Ora

What is the maximum string length in Teradata?

Published in Teradata Data Types 4 mins read

The maximum string length in Teradata varies depending on the specific data type used for storing character data, ranging from tens of thousands of characters for standard character types to gigabytes for large objects.

Understanding Teradata String Data Types and Their Limits

Teradata offers several data types for storing character strings, each with distinct maximum length limitations tailored to different storage needs and performance characteristics.

CHAR (Fixed-Length Character String)

The CHAR data type stores fixed-length character string data. When defining a CHAR column, you specify its exact length n. For this fixed-length character string data, the maximum length for n is 64,000 characters. If a string inserted into a CHAR column is shorter than the defined length, it is padded with spaces to fill the specified length.

Use Case: Ideal for storing data with consistent, predefined lengths, such as status codes, two-letter state abbreviations, or fixed-length identifiers, offering efficient storage and retrieval for known sizes.

VARCHAR (Varying-Length Character String)

The VARCHAR data type stores varying-length character strings, which means it only consumes the amount of storage necessary for the actual string data, plus a small overhead for length information. While more flexible than CHAR, VARCHAR also has a maximum length.

The maximum length for a VARCHAR column is typically 64,000 characters when using a single-byte character set like LATIN. However, the underlying physical storage limit is 64,000 bytes. For multi-byte character sets, such as UNICODE (where each character can take 2 bytes), the maximum number of characters would be half of the byte limit, which is 32,000 characters.

Use Case: Best suited for data where the length can vary significantly, such as names, addresses, descriptions, or comments, optimizing storage by avoiding space padding.

CLOB (Character Large Object)

For exceptionally long string data that exceeds the limits of CHAR or VARCHAR, Teradata provides the CLOB (Character Large Object) data type. CLOB columns are designed to store very large amounts of character data.

The maximum length for a CLOB in Teradata is significantly larger, capable of storing up to 2,147,483,647 characters, which translates to 2 Gigabytes (GB) of data. CLOB data is often stored out-of-row to manage large sizes efficiently without impacting the main table's row size.

Use Case: Employed for storing extensive text, such as legal documents, large blocks of XML or JSON data, or detailed articles, where the content size can be very substantial.

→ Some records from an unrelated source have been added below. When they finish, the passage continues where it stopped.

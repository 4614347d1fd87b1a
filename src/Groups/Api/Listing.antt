-- ===== src/Groups/Api/Listing.antt =====
-- main/api_groups.cpp, group_list_json: which rows the list carries.
use zhac_mono_core.Prelude.{
  ℕ, zero, suc, ◌+◌, ◌-◌, ◌*◌, ◌≤◌, ◌<◌, ◌≡◌, refl, ◌∙◌, sym, inl, inr, true, false, List, [], ◌∷◌,
  ◌++◌, arith, length, length-append, length-replicate, append_assoc, append-nil, take_all,
  replicate, get_or, All, ltb, ◌==◌, if◌then◌else◌, Bool-cases, min, leb,
}
use zhac_mono_core.Prelude.Text.{bytes, hex_digit_upper, hex_fixed, decimal}
use zhac_mono_core.Prelude.Hex.Printed.{length-hex_fixed}
use zhac_mono_core.JsonWriter.Escape.{escaped}
use zhac_mono_core.Groups.Storage.{GrpMember, GrpRecord, grp_max_members}
use zhac_mono_core.Groups.{member_text, head_text, no_member}
use zhac_mono_core.Groups.Row.{members_text, row_text, rest_text, grp_to_json-row}
use zhac_mono_core.Groups.Api.{row_of, list_from, list_text}

-- The row that a buffer of `cap` bytes yields is the group's whole row where that has at most `cap` bytes, and empty
-- where it has more.
pub row_of_lem :
    (r : GrpRecord) (cap : ℕ)
    → row_of r cap ≡ (if leb (length (row_text r)) cap then row_text r else [])
unfolding row_of
row_of_lem r cap = elim (grp_to_json-row r (replicate cap 0) cap (length-replicate cap 0)) [
  | inl (fits, n, whole) ↦
      let t : leb (length (row_text r)) cap ≡ true = ground arith in rw (t, n) whole
  | inr (over, n) ↦ let f : leb (length (row_text r)) cap ≡ false = ground arith in rw (f, n) refl
]

member-le-length : (m : GrpMember) → 35 ≤ length (member_text m)
unfolding member_text
member-le-length m =
    let digits = hex_fixed hex_digit_upper 16 m.ieee in
    let tail = decimal m.ep ++ bytes "}" in
    omega (
      arith,
      length-append (bytes "{\"ieee\":\"0x") (digits ++ (bytes "\",\"ep\":" ++ tail)),
      length-append digits (bytes "\",\"ep\":" ++ tail),
      length-append (bytes "\",\"ep\":") tail,
      length-append (decimal m.ep) (bytes "}"),
      length-hex_fixed hex_digit_upper 16 m.ieee,
    )

-- With a comma before each but the first.
members-le-length :
    (ms : List GrpMember) (i rounds : ℕ)
    → 36 * rounds ≤ length (members_text ms i rounds) + (if i == 0 then 1 else 0)
unfolding members_text
members-le-length ms i zero = omega arith
members-le-length ms i (suc rounds) =
    let m = member_text (get_or ms i no_member) in
    let rest = members_text ms (i + 1) rounds in
    let comma : List ℕ = if i == 0 then [] else b',' ∷ [] in
    let before : 1 ≤ length comma + (if i == 0 then 1 else 0) = ground arith in
    let later : ◌≡◌ {A = ℕ} (if i + 1 == 0 then 1 else 0) 0 = ground arith in
    omega (
      arith,
      before,
      later,
      length-append comma (m ++ rest),
      length-append m rest,
      member-le-length (get_or ms i no_member),
      members-le-length ms (i + 1) rounds,
    )

-- A group of many members has no row in a small buffer, whatever its name: the row's 36 bytes for each member, and 29
-- besides, are over the buffer. So it is with seven members in the 256 bytes of the list, and with fourteen in the
-- 512 bytes that the WebSocket commands give.
pub row_of-crowded :
    (r : GrpRecord) (cap : ℕ)
    → r.member_count ≤ 16
    → cap < 36 * r.member_count + 29
    → row_of r cap ≡ []
row_of-crowded r cap few many =
    let n = min r.member_count grp_max_members in
    let all_of_them : n ≡ r.member_count = ground arith in
    let texts = members_text r.members 0 n in
    let opening = bytes "\",\"members\":[" ++ (texts ++ bytes "]}") in
    let size : cap < length (row_text r) =
      unfold row_text rest_text head_text in
      omega (
        arith,
        all_of_them,
        length-append (head_text r.id) (escaped r.name 32 ++ opening),
        length-append (bytes "{\"id\":") (decimal r.id ++ bytes ",\"name\":\""),
        length-append (decimal r.id) (bytes ",\"name\":\""),
        length-append (escaped r.name 32) opening,
        length-append (bytes "\",\"members\":[") (texts ++ bytes "]}"),
        length-append texts (bytes "]}"),
        members-le-length r.members 0 n,
      ) in
    let long : leb (length (row_text r)) cap ≡ false = ground arith in
    row_of_lem r cap ∙ rw long refl

-- The rows from index `i` on, a comma before each but the first.
unfoldable pub joined : ℕ → List GrpRecord → List ℕ
joined i [] = []
joined i (r ∷ rs) = (if i == 0 then [] else bytes ",") ++ (row_text r ++ joined (i + 1) rs)

list_from-joined :
    (cap i : ℕ) (rs : List GrpRecord) (out : List ℕ)
    → All (λ r. length (row_text r) ≤ 256) rs
    → length out + length (joined i rs) < cap
    → list_from cap i rs out ≡ out ++ joined i rs
unfolding list_from joined
list_from-joined cap i [] out small fits = sym (append-nil out)
list_from-joined cap i (r ∷ rs) out (s, small) fits =
    let put = if i == 0 then out else out ++ bytes "," in
    let comma = if i == 0 then [] else bytes "," in
    let rest = joined (i + 1) rs in
    let started : put ≡ out ++ comma = elim (Bool-cases (i == 0)) [
      | inl e ↦ rw e (sym (append-nil out))
      | inr e ↦ rw e refl
    ] in
    let small_row : leb (length (row_text r)) 256 ≡ true = ground arith in
    let whole : row_of r 256 ≡ row_text r = row_of_lem r 256 ∙ rw small_row refl in
    let size : length out + length comma + length (row_text r) + length rest < cap =
      omega (arith, length-append comma (row_text r ++ rest), length-append (row_text r) rest) in
    let here : ltb (length out) cap ≡ true = ground arith in
    let there : ltb (length (out ++ comma) + length (row_text r)) cap ≡ true =
      ground (arith, length-append out comma) in
    let later =
      list_from-joined cap (i + 1) rs ((out ++ comma) ++ row_text r) small
        (omega (arith, length-append (out ++ comma) (row_text r), length-append out comma)) in
    rw (here, whole, started, there) (later ∙ simp append_assoc)

-- Where every group's row has at most 256 bytes and the whole list fits the buffer with its NUL, the reply is the
-- rows of all groups in order, separated by commas, between the opening and the closing bracket, and the returned
-- length is the reply's.
pub list_text-joined :
    (rs : List GrpRecord) (cap : ℕ)
    → All (λ r. length (row_text r) ≤ 256) rs
    → length (joined 0 rs) + 14 ≤ cap
    → ((list_text rs cap).1 ≡ bytes "{\"groups\":[" ++ (joined 0 rs ++ bytes "]}"))
      × ((list_text rs cap).0 ≡ length (list_text rs cap).1)
unfolding list_text
list_text-joined rs cap small fits =
    let opening = bytes "{\"groups\":[" in
    let all_rows = list_from-joined cap 0 rs opening small (omega arith) in
    let room : length (opening ++ joined 0 rs) ≡ 11 + length (joined 0 rs) =
      length-append opening (joined 0 rs) in
    rw (all_rows, take_all (cap - length (opening ++ joined 0 rs) - 1) (bytes "]}") (omega arith))
      (
        append_assoc opening (joined 0 rs) (bytes "]}"),
        sym (length-append (opening ++ joined 0 rs) (bytes "]}")),
      )
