-- ===== src/Groups/Api/Members.antt =====
-- main/api_groups.cpp: the member array that a request carries, and the command sent to every member.
use zhac_mono_core.Prelude.{
  ℕ, zero, suc, ◌+◌, ◌-◌, ◌≤◌, ◌<◌, ◌≡◌, refl, ◌∙◌, sym, ap, inl, inr, Bool, true, false, Option,
  none, some, List, [], ◌∷◌, ◌++◌, arith, length, length-set, length-take, append_assoc, append-nil,
  take, drop, get_or, set, ltb, Bool-cases, default, Option-cases,
}
use native.Mathlib.Numerals.{add-one}
use zhac_mono_core.Document.{Json, JsonLib, member, as_text, as_array, as_int, wrap, pos}
use zhac_mono_core.Groups.Storage.{GrpMember, GrpRecord}
use zhac_mono_core.Groups.{no_member}
use zhac_mono_core.Groups.Api.{
  parse_ieee, put_member, put_members, parse_members, Commands, send_from,
}

-- The member that an element describes: none where it has no "ieee" text.
pub described : Json → Option GrpMember
described obj = elim (as_text (member obj "ieee")) [
  | none ↦ none
  | some ieee ↦
      some (record {
        ieee = parse_ieee ieee;
        ep = wrap 8 (default (as_int (member obj "ep")) (pos 1));
      })
]

pub all_described : List Json → List GrpMember
all_described [] = []
all_described (obj ∷ objs) = elim (described obj) [
  | none ↦ all_described objs
  | some m ↦ m ∷ all_described objs
]

-- The members that count.
pub listed : GrpRecord → List GrpMember
listed r = take r.member_count r.members

take-set_end {ℓ} :
    {A : Type ℓ} (xs : List A) (n : ℕ) (v : A)
    → n < length xs
    → take (suc n) (set xs n v) ≡ take n xs ++ v ∷ []
take-set_end [] n v h = absurd (omega arith)
take-set_end (x ∷ xs) zero v h = refl
take-set_end (x ∷ xs) (suc n) v h = ap (λ t. x ∷ t) (take-set_end xs n v (omega arith))

take_nil {ℓ} : {A : Type ℓ} (n : ℕ) → take {A = A} n [] ≡ []
take_nil zero = refl
take_nil (suc n) = refl

take_none {ℓ} : {A : Type ℓ} (n : ℕ) (xs : List A) → n ≡ 0 → take n xs ≡ []
take_none n xs e = rw e refl

put_members-from :
    (objs : List Json) (r : GrpRecord)
    → length r.members ≡ 16
    → r.member_count ≤ 16
    → listed (put_members r objs) ≡ listed r ++ take (16 - r.member_count) (all_described objs)
unfolding put_members listed all_described put_member described
put_members-from [] r n c =
    rw (take_nil (16 - r.member_count)) (sym (append-nil (take r.member_count r.members)))
put_members-from (obj ∷ objs) r n c = elim (Bool-cases (ltb r.member_count 16)) [
  | inr full ↦
      rw (full, take_none (16 - r.member_count) (all_described (obj ∷ objs)) (ground arith))
        (sym (append-nil (take r.member_count r.members)))
  | inl room ↦ elim (Option-cases (as_text (member obj "ieee"))) [
    | inl e ↦
        let skip : put_member r obj ≡ r = rw (put_member, e) refl in
        let nothing : described obj ≡ none = rw (described, e) refl in
        rw (room, skip, all_described, nothing) (put_members-from objs r n c)
    | inr (s, e) ↦
        let m : GrpMember = record {
          ieee = parse_ieee s;
          ep = wrap 8 (default (as_int (member obj "ep")) (pos 1));
        } in
        let grown : GrpRecord = record r {
          members = set r.members r.member_count m;
          member_count = r.member_count + 1;
        } in
        let put : put_member r obj ≡ grown = rw (put_member, e) refl in
        let found : described obj ≡ some m = rw (described, e) refl in
        let rest =
          put_members-from objs grown (length-set r.members r.member_count m ∙ n) (ground arith) in
        let more : 16 - r.member_count ≡ suc (16 - (r.member_count + 1)) = ground arith in
        let end_of : take (suc r.member_count) (set r.members r.member_count m)
            ≡ listed r ++ m ∷ [] =
          take-set_end r.members r.member_count m (ground arith) in
        rw (room, put, all_described, found, more)
          (rest ∙ rw (add-one, end_of) (append_assoc (listed r) (m ∷ []) _))
  ]
]

-- The members read from a request are the first sixteen elements that have an "ieee" text, in order, whatever the
-- record held before.
pub parse_members-described :
    (lib : JsonLib) (body : List ℕ) (r : GrpRecord) {doc : Json}
    → length r.members ≡ 16
    → lib.deserialize body ≡ some doc
    → listed (parse_members lib body r) ≡ take 16 (all_described (as_array (member doc "members")))
unfolding parse_members listed
parse_members-described lib body r {doc} n parsed =
    rw (parse_members, parsed)
      (put_members-from (as_array (member doc "members")) (record r { member_count = 0 }) n
        (omega arith))

module _ (cmds : Commands) (key : List ℕ) (val : cmds.Value) where
  -- The members commanded one after the other, and whether each succeeded.
  pub outcomes : List GrpMember → cmds.State → cmds.State × List Bool
  outcomes [] s = (s, [])
  outcomes (m ∷ ms) s =
      let done = cmds.set_attr s m.ieee m.ep key val in
      let rest = outcomes ms done.0 in (rest.0, done.1 ∷ rest.1)

pub successes : List Bool → ℕ
successes [] = 0
successes (true ∷ bs) = suc (successes bs)
successes (false ∷ bs) = successes bs

pub failures : List Bool → ℕ
failures [] = 0
failures (true ∷ bs) = failures bs
failures (false ∷ bs) = suc (failures bs)

successes-failures : (bs : List Bool) → successes bs + failures bs ≡ length bs
unfolding successes failures
successes-failures [] = omega arith
successes-failures (true ∷ bs) = omega (arith, successes-failures bs)
successes-failures (false ∷ bs) = omega (arith, successes-failures bs)

drop-get_or {ℓ} :
    {A : Type ℓ} (xs : List A) (i : ℕ) (d : A)
    → i < length xs
    → drop i xs ≡ get_or xs i d ∷ drop (suc i) xs
drop-get_or [] i d h = absurd (omega arith)
drop-get_or (x ∷ xs) zero d h = refl
drop-get_or (x ∷ xs) (suc i) d h = drop-get_or xs i d (omega arith)

take-length {ℓ} : {A : Type ℓ} (xs : List A) (n : ℕ) → n ≤ length xs → length (take n xs) ≡ n
take-length xs n h = omega (arith, length-take n xs)

module _ (cmds : Commands) (key : List ℕ) (val : cmds.Value) where
  length-outcomes :
      (ms : List GrpMember) (s : cmds.State) → length (outcomes cmds key val ms s).1 ≡ length ms
  unfolding outcomes
  length-outcomes [] s = refl
  length-outcomes (m ∷ ms) s = ap suc (length-outcomes ms (cmds.set_attr s m.ieee m.ep key val).0)

  send_from-next :
      (ms : List GrpMember) (n i : ℕ) (s : cmds.State) (sent failed : ℕ)
      → i + n ≤ length ms
      → send_from cmds ms n i key val s sent failed ≡ (
        (outcomes cmds key val (take n (drop i ms)) s).0,
        sent + successes (outcomes cmds key val (take n (drop i ms)) s).1,
        failed + failures (outcomes cmds key val (take n (drop i ms)) s).1,
      )
  unfolding send_from outcomes successes failures
  send_from-next ms zero i s sent failed h = ground arith
  send_from-next ms (suc n) i s sent failed h =
      let m = get_or ms i no_member in
      let done = cmds.set_attr s m.ieee m.ep key val in
      let here : drop i ms ≡ m ∷ drop (i + 1) ms =
        drop-get_or ms i no_member (omega arith) ∙ rw (add-one) refl in
      rw here (elim (Bool-cases done.1) [
        | inl e ↦
            rw e (send_from-next ms n (i + 1) done.0 (sent + 1) failed (omega arith) ∙ ground arith)
        | inr e ↦
            rw e (send_from-next ms n (i + 1) done.0 sent (failed + 1) (omega arith) ∙ ground arith)
      ])

  -- The loop over the first `n` of a record's members commands each of them once, in order, and counts those that
  -- succeeded and those that failed, `n` together.
  pub send_from-outcomes :
      (ms : List GrpMember) (n : ℕ) (s : cmds.State)
      → n ≤ length ms
      → (send_from cmds ms n 0 key val s 0 0 ≡ (
        (outcomes cmds key val (take n ms) s).0,
        successes (outcomes cmds key val (take n ms) s).1,
        failures (outcomes cmds key val (take n ms) s).1,
      ))
        × (successes (outcomes cmds key val (take n ms) s).1
              + failures (outcomes cmds key val (take n ms) s).1
            ≡ n)
  send_from-outcomes ms n s h =
      let oks = (outcomes cmds key val (take n ms) s).1 in
      (
        send_from-next ms n 0 s 0 0 (omega arith) ∙ ground arith,
        omega (arith, successes-failures oks, length-outcomes (take n ms) s, take-length ms n h),
      )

Summary of Maximum String Lengths

The table below summarizes the maximum string lengths for common character data types in Teradata:

Data Type Description Maximum Length (Characters) Maximum Length (Bytes)
CHAR Fixed-length character string 64,000 64,000
VARCHAR Varying-length character string 64,000 (LATIN) / 32,000 (UNICODE) 64,000
CLOB Character Large Object 2,147,483,647 2 GB

Practical Considerations for String Lengths

When designing your Teradata schema, consider these practical aspects related to string lengths:

  • Storage Efficiency:
    • CHAR reserves space for its maximum length, regardless of actual data size, potentially wasting space for short strings.
    • VARCHAR is more space-efficient for variable-length data as it only stores the actual data plus a small overhead.
  • Performance:
    • While CHAR might seem faster for reads due to fixed length, VARCHAR often offers better overall performance by reducing I/O due to smaller row sizes, especially when dealing with many short strings.
    • CLOB data, being stored out-of-row, requires additional I/O operations to retrieve the large object data, which can impact performance for frequent access.
  • Character Sets: The choice of character set (e.g., LATIN, UNICODE, GRAPHIC) significantly impacts the maximum number of characters for VARCHAR columns, as multi-byte character sets consume more bytes per character.
  • Indexing: Text columns, especially very long ones, might have limitations or specific considerations when used in indexes. For example, you might only index a prefix of a VARCHAR column.
  • Row Size Limits: The total byte length of all columns in a row must not exceed Teradata's maximum row size limit (typically 1MB for non-BLOB/CLOB data). While CLOBs are stored out-of-row, a small pointer is part of the row.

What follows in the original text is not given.